This project is a search engine of cooking recipes, made for academic and testing purposes.
By using Elasticsearch, Scrapy, Django and Python we provide some search functionalities over a reduced collection of cooking recipes.
In order to do that and once the prerequisites are met, we crawl a cooking recipes site (recipetineats.com) using scrapy. Then we load the obtained data in Elasticsearch using a Python script. Finally, we provide the search and visualization functionalities through a web app made in Python. This app retrieves Elasticsearch's data by using query and aggregation methods the elasticsearch_dsl library provides.
The following prerequisites and execution instructions have been considered for a Ubuntu 20.04 LTS system.
- Install Python3.
$ sudo apt-get install python3
- Install pip.
$ sudo apt-get install python3-pip
- Install Scrapy (guide here).
$ sudo apt-get install python3 python3-dev python3-pip libxml2-dev libxslt1-dev zlib1g-dev libffi-dev libssl-dev
$ pip3 install Scrapy
- Install Elasticsearch
$ sudo apt-get install apt-transport-https
$ echo "deb https://artifacts.elastic.co/packages/7.x/apt stable main" | sudo tee /etc/apt/sources.list.d/elastic-7.x.list
$ sudo apt-get update && sudo apt-get install elasticsearch
- Install Django (guide here) and elasticsearch_dsl library.
$ pip3 install Django==3.1.3
$ pip3 install elasticsearch-dsl
- Execute Scrapy spider (this step is not really needed since we did upload the recipes.jsonlines file to the repo). If you still want to re-run the crawling process go to recipes/ folder, delete de recipes.jsonlines and execute the following command.

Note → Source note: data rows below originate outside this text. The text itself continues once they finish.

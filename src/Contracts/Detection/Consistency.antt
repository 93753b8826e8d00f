-- ===== src/Contracts/Detection/Consistency.antt =====
-- DetectionResult._check_consistency (contracts/v1/detection.py) accepts the consistent results.
use loyiha.Base.{
  ◌≡◌, refl, ap, suc, ◌↔◌, false, not, ◌&&◌, List, [], ◌∷◌, arith, All, IsDistinct, IsFresh,
  IsFresh-nil, IsFresh-cons, ok, ◌>>◌, false-contains, contains-false, ℕ_eq, String_eq, dedup,
  dedup_iff, length, ◌==◌, is_empty, >>_iff, raise_if_iff,
}
use loyiha.Contracts.Common.{Uuid, ImageFrame}
use loyiha.Contracts.Detection.{
  completed_no_findings, failed, Detection, DetectionResult, frame_by_id, frame_check, frame_ids,
  detection_ids, check_detections, check_consistency, is_failed, is_no_findings, is_falsy,
  unknown_frame_id, box_exceeds_frame,
}
use loyiha.Contracts.Detection.Frames.{IsPlaced, frame_check_iff}

-- What a reader may rely on after the validator has run.
pub record IsConsistent (r : DetectionResult) : Type 0 where
  pub frames_distinct : IsDistinct (frame_ids r.frames)
  pub detections_distinct : IsDistinct (detection_ids r.detections)
  pub placed : All (λ d. IsPlaced r.frames d.frame_id d.box) r.detections
  pub failed_empty : r.status ≡ failed → r.detections ≡ []
  pub no_findings_empty : r.status ≡ completed_no_findings → r.detections ≡ []
  pub failed_explained : r.status ≡ failed → is_falsy r.error ≡ false

record Loop (frames : List ImageFrame) (seen : List Uuid) (ds : List Detection) : Type 0 where
  fresh : IsFresh seen (detection_ids ds)
  distinct : IsDistinct (detection_ids ds)
  placed : All (λ d. IsPlaced frames d.frame_id d.box) ds

check_detections_iff :
    (frames : List ImageFrame) (seen : List Uuid) (ds : List Detection)
    → IsDistinct (frame_ids frames)
    → (check_detections frames seen ds ≡ ok tt) ↔ Loop frames seen ds
unfolding check_detections
check_detections_iff frames seen [] u =
    (λ h. record { fresh = tt; distinct = tt; placed = tt }, λ h. refl)
check_detections_iff frames seen (d ∷ ds) u =
    let rest = check_detections frames (d.detection_id ∷ seen) ds in
    let one =
      frame_check (frame_by_id frames d.frame_id) d.box unknown_frame_id box_exceeds_frame in
    let placed_iff = frame_check_iff frames d.frame_id d.box unknown_frame_id box_exceeds_frame u in
    let ih = check_detections_iff frames (d.detection_id ∷ seen) ds u in
    let split = IsFresh-cons d.detection_id seen (detection_ids ds) in
    (
      λ h.
          let (a, h') = (>>_iff _ (one >> rest) tt).0 h in
          let (b, c) = (>>_iff one rest tt).0 h' in
          let w = ih.0 c in
          record {
            fresh =
                (contains-false seen d.detection_id ((raise_if_iff _ _).0 a), (split.0 w.fresh).0);
            distinct = ((split.0 w.fresh).1, w.distinct);
            placed = (placed_iff.0 b, w.placed);
          },
      λ w. (>>_iff _ (one >> rest) tt).1 (
        (raise_if_iff _ _).1 (false-contains seen d.detection_id w.fresh.0),
        (>>_iff one rest tt).1 (
          placed_iff.1 w.placed.0,
          ih.1 (record {
            fresh = split.1 (w.fresh.1, w.distinct.0);
            distinct = w.distinct.1;
            placed = w.placed.1;
          }),
        ),
      ),
    )

length-frame_ids : (frames : List ImageFrame) → length (frame_ids frames) ≡ length frames
length-frame_ids [] = refl
length-frame_ids (f ∷ fs) = ap suc (length-frame_ids fs)

frames_test_iff :
    (frames : List ImageFrame)
    → (not (length (dedup (frame_ids frames)) == length frames) ≡ false)
      ↔ IsDistinct (frame_ids frames)
frames_test_iff frames = (
  λ h. (dedup_iff (frame_ids frames)).0 (ground (arith, h, length-frame_ids frames)),
  λ d. ground (arith, (dedup_iff (frame_ids frames)).1 d, length-frame_ids frames),
)

-- the three tests of status against payload
status_iff :
    (r : DetectionResult)
    → ((is_failed r.status && not (is_empty r.detections) ≡ false)
        × (is_no_findings r.status && not (is_empty r.detections) ≡ false)
        × (is_failed r.status && is_falsy r.error ≡ false))
      ↔ ((r.status ≡ failed → r.detections ≡ [])
          × (r.status ≡ completed_no_findings → r.detections ≡ [])
          × (r.status ≡ failed → is_falsy r.error ≡ false))
status_iff r = (λ h. ground (arith, h), λ h. ground (arith, h))

-- `_check_consistency` returns the result, and raises no error, exactly when the result is
-- consistent: frame ids and detection ids do not repeat, every detection lies inside a frame of
-- the message, and status, findings and error text agree.
pub check_consistency_iff : (r : DetectionResult) → (check_consistency r ≡ ok tt) ↔ IsConsistent r
unfolding check_consistency
check_consistency_iff r = (
  λ h.
      let (a, h₁) = (>>_iff _ _ tt).0 h in
      let (b, h₂) = (>>_iff _ _ tt).0 h₁ in
      let (c, h₃) = (>>_iff _ _ tt).0 h₂ in
      let (d, e) = (>>_iff _ _ tt).0 h₃ in
      let u = (frames_test_iff r.frames).0 ((raise_if_iff _ _).0 a) in
      let w = (check_detections_iff r.frames [] r.detections u).0 b in
      let t =
        (status_iff r).0 ((raise_if_iff _ _).0 c, (raise_if_iff _ _).0 d, (raise_if_iff _ _).0 e) in
      record {
        frames_distinct = u;
        detections_distinct = w.distinct;
        placed = w.placed;
        failed_empty = t.0;
        no_findings_empty = t.1;
        failed_explained = t.2;
      },
  λ w.
      let t = (status_iff r).1 (w.failed_empty, w.no_findings_empty, w.failed_explained) in
      (>>_iff _ _ tt).1 (
        (raise_if_iff _ _).1 ((frames_test_iff r.frames).1 w.frames_distinct),
        (>>_iff _ _ tt).1 (
          (check_detections_iff r.frames [] r.detections w.frames_distinct).1 (record {
            fresh = IsFresh-nil (detection_ids r.detections);
            distinct = w.detections_distinct;
            placed = w.placed;
          }),
          (>>_iff _ _ tt).1 (
            (raise_if_iff _ _).1 t.0,
            (>>_iff _ _ tt).1 ((raise_if_iff _ _).1 t.1, (raise_if_iff _ _).1 t.2),
          ),
        ),
      ),
)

$ scrapy crawl recipes -o recipes.jsonlines:jsonlines
- Launch Elasticsearch as service
$ sudo systemctl start elasticsearch.service
- Load crawled data into Elastic, using the index_loader.py Python script. This file is placed in recipes/
$ python3 index_loader.py
Notice the recipes.jsonlines file needs to be in the same folder the Python script is.
- Launch the Django app.
$ python3 manage.py runserver
Navigate to localhost:8000/ on your prefered browser too see the app main page.